We can discover this undefined behavior empirically using clang and the -fsanitize=undefined flags (see it live) which says:
runtime error: signed integer overflow: 3145728 * 1024 cannot be represented in type 'int'
Although in two complement this will just end up being a negative number. One way to fix this would be to use the ul suffix:
3ul * 1024ul * 1024ul * 1024ul
So why does a negative number converted to an unsigned value give a very large unsigned value? This is covered in section 6.3.1.3 Signed and unsigned integers which says:
Otherwise, if the new type is unsigned, the value is converted by repeatedly adding or
subtracting one more than the maximum value that can be represented in the new type
until the value is in the range of the new type.49)
which basically means unsigned long max + 1 is added to the negative number which results in very large unsigned value.

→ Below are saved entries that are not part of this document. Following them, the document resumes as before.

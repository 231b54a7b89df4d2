-- ===== src/Informer/Events/Safety.antt =====
-- Whatever the informer of cluster secrets reports, no channel is closed twice and no cluster has
-- two informers; the shutdown stops them all (pkg/informer/K8sInformer.go).
use kubewatch.Common.{
  Has, List, Option, Option-cases, [], arith, contains, false, inl, inr, int_eq, lookup, nat_eq,
  none, some, some_eq, string_eq, sym, ℕ, ◌∙◌, ◌∷◌, ◌≡◌,
}
use kubewatch.Common.Int.{ℤ}
use kubewatch.Common.Result.{Result-cases}
use kubewatch.Cluster.{Cluster, Pg, find_all_active, find_by_id, find_by_id_with_active_false}
use kubewatch.Informer.{
  GoError, K8s, Registry, errors_new, foreign, get_k8s_client_for_config,
  inc_un_unreachable_cluster, new_registry, start_system_workflow_informer,
}
use kubewatch.Informer.Events.{
  Secret, SecretEvent, added, after_change, build_informer_for_all_clusters, cluster_id_of, deleted,
  handle_cluster_change_event, handle_cluster_delete, handle_cluster_delete_event, is_other_error,
  on_secret_event, on_secret_events, other_object, second, secret_object, start_cluster_informer,
  start_each, sync_system_workflow_informer, updated,
}
use kubewatch.Informer.Events.Invariant.{
  Inv, SameChannels, SameChannels-Inv, new_registry-Inv, stop-Inv,
}
use kubewatch.Informer.Events.Start.{start-Inv}

-- The operation ends without a panic, in a registry with the invariant.
abbrev pub IsSafe : Option Registry → Type 0
IsSafe none = ⊥
IsSafe (some r) = Inv r

pub is_other_error-Same :
    (e : Option GoError) (r : Registry) → SameChannels r (is_other_error e r).1
unfolding is_other_error errors_new
is_other_error-Same none r = ground arith
is_other_error-Same (some e) r = ground arith

after_change-IsSafe :
    (e : Option GoError) (r : Registry) → Inv r → IsSafe (after_change (some (e, r)))
unfolding after_change
after_change-IsSafe e r v = SameChannels-Inv (is_other_error-Same e r) v

module _ (k8s : K8s) where
  sync-IsSafe :
      (pg pg' : Pg) (id : ℤ) {r : Registry}
      → Inv r
      → IsSafe (after_change (sync_system_workflow_informer k8s pg pg' id r))
  unfolding sync_system_workflow_informer
  sync-IsSafe pg pg' id {r} v = elim (Result-cases (find_by_id pg id)) [
    | inr (m, f) ↦
        rw (sync_system_workflow_informer, f) (after_change-IsSafe (some (foreign m)) r v)
    | inl (c, f) ↦
        let (r', stopped, v', gone) = stop-Inv c.id v in
        rw (sync_system_workflow_informer, f, stopped)
          (after_change-IsSafe (start_system_workflow_informer k8s pg' id r').0 _
            (start-Inv k8s pg' id v'))
  ]

  change-IsSafe :
      (pg pg' : Pg) (secret : Secret) {r : Registry}
      → Inv r
      → IsSafe (handle_cluster_change_event k8s pg pg' secret r)
  unfolding handle_cluster_change_event
  change-IsSafe pg pg' secret {r} v =
      let id = cluster_id_of secret in
      ground (
        arith,
        v,
        sync-IsSafe pg pg' id v,
        after_change-IsSafe (start_system_workflow_informer k8s pg id r).0
            (start_system_workflow_informer k8s pg id r).1 (start-Inv k8s pg id v),
      )

  delete_cluster-IsSafe :
      (pg : Pg) (id : ℤ) {r : Registry}
      → Inv r
      → IsSafe (second (handle_cluster_delete k8s pg id r))
  unfolding handle_cluster_delete
  delete_cluster-IsSafe pg id {r} v = elim (Result-cases (find_by_id_with_active_false pg id)) [
    | inr (m, f) ↦ rw (handle_cluster_delete, f) v
    | inl (c, f) ↦
        let (r', stopped, v', gone) = stop-Inv c.id v in rw (handle_cluster_delete, f, stopped) v'
  ]

  delete-IsSafe :
      (pg : Pg) (secret : Secret) {r : Registry}
      → Inv r
      → IsSafe (second (handle_cluster_delete_event k8s pg secret r))
  unfolding handle_cluster_delete_event
  delete-IsSafe pg secret {r} v =
      ground (arith, v, delete_cluster-IsSafe pg (cluster_id_of secret) v)

  event-IsSafe : (event : SecretEvent) {r : Registry} → Inv r → IsSafe (on_secret_event k8s event r)
  unfolding on_secret_event
  event-IsSafe (added pg pg' (secret_object s)) v = change-IsSafe pg pg' s v
  event-IsSafe (added pg pg' other_object) v = v
  event-IsSafe (updated pg pg' (secret_object s)) v = change-IsSafe pg pg' s v
  event-IsSafe (updated pg pg' other_object) v = v
  event-IsSafe (deleted pg (secret_object s)) v = delete-IsSafe pg s v
  event-IsSafe (deleted pg other_object) v = v

  pub events-IsSafe :
      (events : List SecretEvent) {r : Registry} → Inv r → IsSafe (on_secret_events k8s events r)
  unfolding on_secret_events
  events-IsSafe [] v = v
  events-IsSafe (event ∷ events) {r} v = elim (Option-cases (on_secret_event k8s event r)) [
    | inl e ↦ absurd (rw e at (event-IsSafe event v))
    | inr (s, e) ↦ rw (on_secret_events, e) (events-IsSafe events (rw e at (event-IsSafe event v)))
  ]

  start_each-Inv :
      (pg : Pg) (models : List Cluster) {r : Registry} → Inv r → Inv (start_each k8s pg models r)
  unfolding start_each
  start_each-Inv pg [] v = v
  start_each-Inv pg (model ∷ models) v = start_each-Inv pg models (start-Inv k8s pg model.id v)

  pub watch-Same : (r : Registry) → SameChannels r (start_cluster_informer k8s r)
  unfolding start_cluster_informer inc_un_unreachable_cluster
  watch-Same r = elim (Result-cases (get_k8s_client_for_config k8s k8s.default_k8s_config)) [
    | inl (c, f) ↦ rw (start_cluster_informer, f) (ground arith)
    | inr (m, f) ↦ rw (start_cluster_informer, f) (ground arith)
  ]

  pub build-Inv : (pg : Pg) → Inv (build_informer_for_all_clusters k8s pg new_registry).1
  unfolding build_informer_for_all_clusters
  build-Inv pg =
      let v = SameChannels-Inv (watch-Same new_registry) new_registry-Inv in
      elim (Result-cases (find_all_active pg)) [
        | inl (models, f) ↦ rw (build_informer_for_all_clusters, f) (start_each-Inv pg models v)
        | inr (m, f) ↦ rw (build_informer_for_all_clusters, f) v
      ]

  -- Where the configuration of the default cluster was found (without one the start panics): after the
  -- start of all informers and any events of cluster secrets, with any database at each query:
  -- nothing panicked, so no channel was closed twice, and of two informers of one cluster whose
  -- channels are open both are the same, the one that the map of stop channels has.
  pub one_informer :
      (pg : Pg) (events : List SecretEvent)
      → (r : Registry) × (on_secret_events k8s events
            (build_informer_for_all_clusters k8s pg new_registry).1
          ≡ some r)
        × ((id : ℤ) (a b : ℕ)
            → Has (id, a) r.started
            → Has (id, b) r.started
            → contains a r.closed ≡ false
            → contains b r.closed ≡ false
            → (a ≡ b) × (lookup id r.informer_stopper ≡ some a))
  one_informer pg events =
      elim (Option-cases
        (on_secret_events k8s events (build_informer_for_all_clusters k8s pg new_registry).1)) [
          | inl e ↦ absurd (rw e at (events-IsSafe events (build-Inv pg)))
          | inr (r, e) ↦
              let v : Inv r = rw e at (events-IsSafe events (build-Inv pg)) in
              (
                r,
                e,
                λ id a b h k c d.
                    let first = v.registered id h c in
                    (some_eq (sym first ∙ v.registered id k d), first),
              )
        ]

What does 'u' mean after a number?

Can you tell me what exactly does the u after a number, for example:
#define NAME_DEFINE 1u

Integer literals like 1 in C code are always of the type int. int is the same thing as signed int. One adds u or U (equivalent) to the literal to ensure it is unsigned int, to prevent various unexpected bugs and strange behavior.
One example of such a bug:
On a 16-bit machine where int is 16 bits, this expression will result in a negative value:
long x = 30000 + 30000;
Both 30000 literals are int, and since both operands are int, the result will be int. A 16-bit signed int can only contain values up to 32767, so it will overflow. x will get a strange, negative value because of this, rather than 60000 as expected.
The code
long x = 30000u + 30000u;
will however behave as expected.

It is a way to define unsigned literal integer constants.

It is a way of telling the compiler that the constant 1 is meant to be used as an unsigned integer. Some compilers assume that any number without a suffix like 'u' is of int type. To avoid this confusion, it is recommended to use a suffix like 'u' when using a constant as an unsigned integer. Other similar suffixes also exist. For example, for float 'f' is used.

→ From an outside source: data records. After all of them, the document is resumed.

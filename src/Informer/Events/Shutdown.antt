-- ===== src/Informer/Events/Shutdown.antt =====
-- The shutdown of all informers (`StopAllSystemWorkflowInformer` of pkg/informer/K8sInformer.go).
use kubewatch.Common.{
  Bool-cases, Has, List, Option-cases, [], contains, here, inl, inr, int_eq, keys, lookup,
  lookup-delete_absent, lookup-delete_self, lookup-keys, nat_eq, none, refl, some, some_eq,
  string_eq, subst, sym, there, true, ℕ, ◌∙◌, ◌∷◌, ◌≡◌,
}
use kubewatch.Common.Int.{ℤ}
use kubewatch.Informer.{
  Registry, stop_all_system_workflow_informer, stop_each, stop_system_workflow_informer,
}
use kubewatch.Informer.Events.Invariant.{Inv, retire, retire-Inv, stop-absent, stop-retire}

-- What a stop leaves alone.
record Stopped (r s : Registry) : Type 0 where
  same_started : s.started ≡ r.started
  same_watching : s.watching ≡ r.watching
  still_absent : (a : ℤ) → lookup a r.informer_stopper ≡ none → lookup a s.informer_stopper ≡ none

stop-Stopped :
    (id : ℤ) {r : Registry}
    → Inv r
    → (s : Registry) × (stop_system_workflow_informer id r ≡ some s)
      × Inv s
      × Stopped r s
      × (lookup id s.informer_stopper ≡ none)
stop-Stopped id {r} v = elim (Option-cases (lookup id r.informer_stopper)) [
  | inl e ↦ (
    r,
    stop-absent id r e,
    v,
    record { same_started = refl; same_watching = refl; still_absent = λ a h. h },
    e,
  )
  | inr (ch, e) ↦ (
    retire id ch r,
    stop-retire id r e (v.stopper_open id e),
    retire-Inv id ch e v,
    record {
      same_started = refl;
      same_watching = refl;
      still_absent = λ a h. lookup-delete_absent id a r.informer_stopper h;
    },
    lookup-delete_self id r.informer_stopper,
  )
]

Stopped-trans : {r s t : Registry} → Stopped r s → Stopped s t → Stopped r t
Stopped-trans p q = record {
  same_started = q.same_started ∙ p.same_started;
  same_watching = q.same_watching ∙ p.same_watching;
  still_absent = λ a h. q.still_absent a (p.still_absent a h);
}

absent_all :
    (s t : Registry) (id : ℤ) (ids : List ℤ)
    → lookup id s.informer_stopper ≡ none
    → Stopped s t
    → ((a : ℤ) → Has a ids → lookup a t.informer_stopper ≡ none)
    → (a : ℤ) → Has a (id ∷ ids)
    → lookup a t.informer_stopper ≡ none
absent_all s t id ids gone q rest a (here p) =
    subst (λ i. lookup i t.informer_stopper ≡ none) (sym p) (q.still_absent id gone)
absent_all s t id ids gone q rest a (there h) = rest a h

stop_each-Stopped :
    (ids : List ℤ) {r : Registry}
    → Inv r
    → (s : Registry) × (stop_each ids r ≡ some s)
      × Inv s
      × Stopped r s
      × ((a : ℤ) → Has a ids → lookup a s.informer_stopper ≡ none)
unfolding stop_each
stop_each-Stopped [] {r} v = (
  r,
  refl,
  v,
  record { same_started = refl; same_watching = refl; still_absent = λ a h. h },
  λ a h. elim h [ ],
)
stop_each-Stopped (id ∷ ids) {r} v =
    let (s, e, vs, p, gone) = stop-Stopped id v in
    let (t, f, vt, q, rest) = stop_each-Stopped ids vs in
    (t, rw (stop_each, e) f, vt, Stopped-trans p q, absent_all s t id ids gone q rest)

-- A key was in the map, and then in the list of keys, or it was not.
emptied :
    (key_order : List ℤ → List ℤ)
    → ((ids : List ℤ) (id : ℤ) → Has id ids → Has id (key_order ids))
    → (r s : Registry) → Stopped r s
    → ((a : ℤ) → Has a (key_order (keys r.informer_stopper)) → lookup a s.informer_stopper ≡ none)
    → (id : ℤ) → lookup id s.informer_stopper ≡ none
emptied key_order complete r s p gone id = elim (Option-cases (lookup id r.informer_stopper)) [
  | inl e ↦ p.still_absent id e
  | inr (ch, e) ↦
      gone id (complete (keys r.informer_stopper) id (lookup-keys id r.informer_stopper e))
]

pub stop_all-Inv :
    (key_order : List ℤ → List ℤ) {r s : Registry}
    → Inv r
    → stop_all_system_workflow_informer key_order r ≡ some s
    → Inv s
unfolding stop_all_system_workflow_informer
stop_all-Inv key_order {r} v h =
    let (s, e, vs, p, gone) = stop_each-Stopped (key_order (keys r.informer_stopper)) v in
    subst Inv (some_eq (sym e ∙ h)) vs

-- From a registry with the invariant, and in any order that leaves no key out, the shutdown does
-- not panic: it closes the channel of every informer that was started and empties the map. The
-- informer of cluster secrets is left as it is.
pub stop_all_lem :
    (key_order : List ℤ → List ℤ)
    → ((ids : List ℤ) (id : ℤ) → Has id ids → Has id (key_order ids))
    → {r : Registry} → Inv r
    → (s : Registry) × (stop_all_system_workflow_informer key_order r ≡ some s)
      × (s.started ≡ r.started)
      × ((id : ℤ) (ch : ℕ) → Has (id, ch) s.started → contains ch s.closed ≡ true)
      × ((id : ℤ) → lookup id s.informer_stopper ≡ none)
      × (s.watching ≡ r.watching)
unfolding stop_all_system_workflow_informer
stop_all_lem key_order complete {r} v =
    let (s, e, vs, p, gone) = stop_each-Stopped (key_order (keys r.informer_stopper)) v in
    let empty = λ (id : ℤ). emptied key_order complete r s p gone id in
    (
      s,
      e,
      p.same_started,
      λ id ch h. elim (Bool-cases (contains ch s.closed)) [
        | inl c ↦ c
        | inr c ↦ cc (empty id, vs.registered id h c)
      ],
      empty,
      p.same_watching,
    )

it means "unsigned int", basically it functions like a cast to make sure that numeric constants are converted to the appropriate type at compile-time.

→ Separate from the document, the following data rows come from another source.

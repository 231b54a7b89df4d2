-- ===== src/App/Lifetime.antt =====
-- A run of the server from its start to its shutdown (main.go, App.go).
use kubewatch.Common.{
  Bool, Bool-cases, Has, List, Option, Option-cases, String, contains, false, inl, inr, int_eq,
  nat_eq, none, refl, some, some_eq, string_eq, subst, sym, true, ℕ, ◌≡◌,
}
use kubewatch.Common.Int.{ℤ}
use kubewatch.Common.Result.{Result, Result-cases}
use kubewatch.Cluster.{Pg}
use kubewatch.Informer.{K8s, Registry}
use kubewatch.Informer.Events.{SecretEvent, on_secret_events}
use kubewatch.Informer.Events.Invariant.{Inv}
use kubewatch.Informer.Events.Safety.{build-Inv, events-IsSafe}
use kubewatch.Informer.Events.Shutdown.{stop_all_lem}
use kubewatch.Watch.{ExternalConfig}
use kubewatch.App.{
  App, Closing, ClusterConfig, build_informer, get_pub_sub_client_for_internal_config,
  is_cluster_type_all_and_is_internal_config, on_events, start_app, still_open, stop_app,
  stop_informers,
}

-- The stop channel of every informer that was started is closed.
abbrev pub AllStopped : Option Registry → Type 0
AllStopped none = Unit
AllStopped (some r) = (id : ℤ) (ch : ℕ) → Has (id, ch) r.started → contains ch r.closed ≡ true

-- The server has informers exactly if the configuration says so, and they keep the invariant.
record Runs (both : Bool) (app : App) : Type 0 where
  db : both ≡ false → app.db_open ≡ false
  absent : both ≡ false → app.k8s_informer ≡ none
  present : both ≡ true → (r : Registry) × (app.k8s_informer ≡ some r) × Inv r

closed_well : {e : Option String} → e ≡ none → (is_open : Bool) → still_open e is_open ≡ false
closed_well h is_open = rw h refl

module _ (cluster_cfg : ClusterConfig) (ext : ExternalConfig) (k8s : K8s) where
  start_app-Runs :
      (no_default failure : Option String) (connection : Result Pg) {app : App}
      → start_app cluster_cfg ext k8s no_default failure connection ≡ some app
      → Runs (is_cluster_type_all_and_is_internal_config cluster_cfg ext) app
  unfolding start_app build_informer
  start_app-Runs no_default failure connection {app} h =
      let both = is_cluster_type_all_and_is_internal_config cluster_cfg ext in
      elim (Option-cases (get_pub_sub_client_for_internal_config cluster_cfg ext failure)) [
        | inl e ↦ cc (rw (start_app, e) at h)
        | inr (client, e) ↦ elim (Bool-cases both) [
          | inr b ↦
              subst (Runs both) (some_eq (rw (start_app, e, b) at h))
                (record { db = λ p. refl; absent = λ p. refl; present = λ p. cc (p, b) })
          | inl b ↦ elim (Result-cases connection) [
            | inr (m, c) ↦ cc (rw (start_app, e, b, build_informer, c) at h)
            | inl (pg, c) ↦ elim (Option-cases no_default) [
              | inr (m, n) ↦ cc (rw (start_app, e, b, build_informer, c, n) at h)
              | inl n ↦
                  subst (Runs both) (some_eq (rw (start_app, e, b, build_informer, c, n) at h))
                    (record {
                      db = λ p. cc (p, b);
                      absent = λ p. cc (p, b);
                      present = λ p. (_, refl, build-Inv k8s pg);
                    })
            ]
          ]
        ]
      ]

  -- Whatever the configuration, if the server starts, then it handles any events of cluster
  -- secrets without a panic, and its shutdown, in any order of the clusters that leaves none out,
  -- ends with every informer of a cluster stopped, with the HTTP server closed if `Shutdown` returns
  -- no error, and with the database closed if `Close` returns none.
  pub stop_app-start_app :
      (closing : Closing) (key_order : List ℤ → List ℤ)
      → ((ids : List ℤ) (id : ℤ) → Has id ids → Has id (key_order ids))
      → (no_default failure : Option String) (connection : Result Pg) (events : List SecretEvent)
        {app : App}
      → start_app cluster_cfg ext k8s no_default failure connection ≡ some app
      → (running : App) × (on_events cluster_cfg ext k8s events app ≡ some running)
        × (stopped : App) × (stop_app cluster_cfg ext closing key_order running ≡ some stopped)
        × (closing.shutdown_error ≡ none → stopped.server_open ≡ false)
        × (closing.close_error ≡ none → stopped.db_open ≡ false)
        × AllStopped stopped.k8s_informer
  unfolding on_events stop_app stop_informers
  stop_app-start_app closing key_order complete no_default failure connection events {app} h =
      let both = is_cluster_type_all_and_is_internal_config cluster_cfg ext in
      let v = start_app-Runs no_default failure connection h in
      elim (Bool-cases both) [
        | inr b ↦ (
          app,
          simp (on_events, v.absent b),
          record app { server_open = still_open closing.shutdown_error app.server_open },
          rw (stop_app, b) refl,
          λ c. closed_well c app.server_open,
          λ c. v.db b,
          subst AllStopped (sym (v.absent b)) tt,
        )
        | inl b ↦
            let (r, has, inv) = v.present b in
            elim (Option-cases (on_secret_events k8s events r)) [
              | inl e ↦ absurd (rw e at (events-IsSafe k8s events inv))
              | inr (r', e) ↦
                  let inv' : Inv r' = rw e at (events-IsSafe k8s events inv) in
                  let (s, stops, same, closed, empty, watching) =
                    stop_all_lem key_order complete inv' in
                  (
                    record app { k8s_informer = some r' },
                    rw (on_events, has, e) refl,
                    record app {
                      k8s_informer = some s;
                      server_open = still_open closing.shutdown_error app.server_open;
                      db_open = still_open closing.close_error app.db_open;
                    },
                    rw (stop_app, b, stop_informers, stops) refl,
                    λ c. closed_well c app.server_open,
                    λ c. closed_well c app.db_open,
                    closed,
                  )
            ]
      ]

A decimal literal in the code (rules for octal and hexadecimal literals are different, see https://en.cppreference.com/w/c/language/integer_constant) has one of the types int, long or long long. From these, the compiler has to choose the smallest type that is large enough to hold the value. Note that the types char, signed char and short are not considered. For example:
0 // this is a zero of type int
32767 // type int
32768 // could be int or long: On systems with 16 bit integers
// the type will be long, because the value does not fit in an int there.
If you add a u suffix to such a number (a capital U will also do), the compiler will instead have to choose the smallest type from unsigned int, unsigned long and unsigned long long. For example:
0u // a zero of type unsigned int
32768u // type unsigned int: always fits into an unsigned int
100000u // unsigned int or unsigned long
The last example can be used to show the difference to a cast:
100000u // always 100000, but may be unsigned int or unsigned long
(unsigned int)100000 // always unsigned int, but not always 100000
// (e.g. if int has only 16 bit)
On a side note: There are situations, where adding a u suffix is the right thing to ensure correctness of computations, as Lundin's answer demonstrates. However, there are also coding guidelines that strictly forbid mixing of signed and unsigned types, even to the extent that the following statement
unsigned int x = 0;
is classified as non-conforming and has to be written as
unsigned int x = 0u;
This can lead to a situation where developers that deal a lot with unsigned values develop the habit of adding u suffixes to literals everywhere. But, be aware that changing signedness can lead to different behavior in various contexts, for example:
(x > 0)
can (depending on the type of x) mean something different than
(x > 0u)
Luckily, the compiler / code checker will typically warn you about suspicious cases. Nevertheless, adding a u suffix should be done with consideration.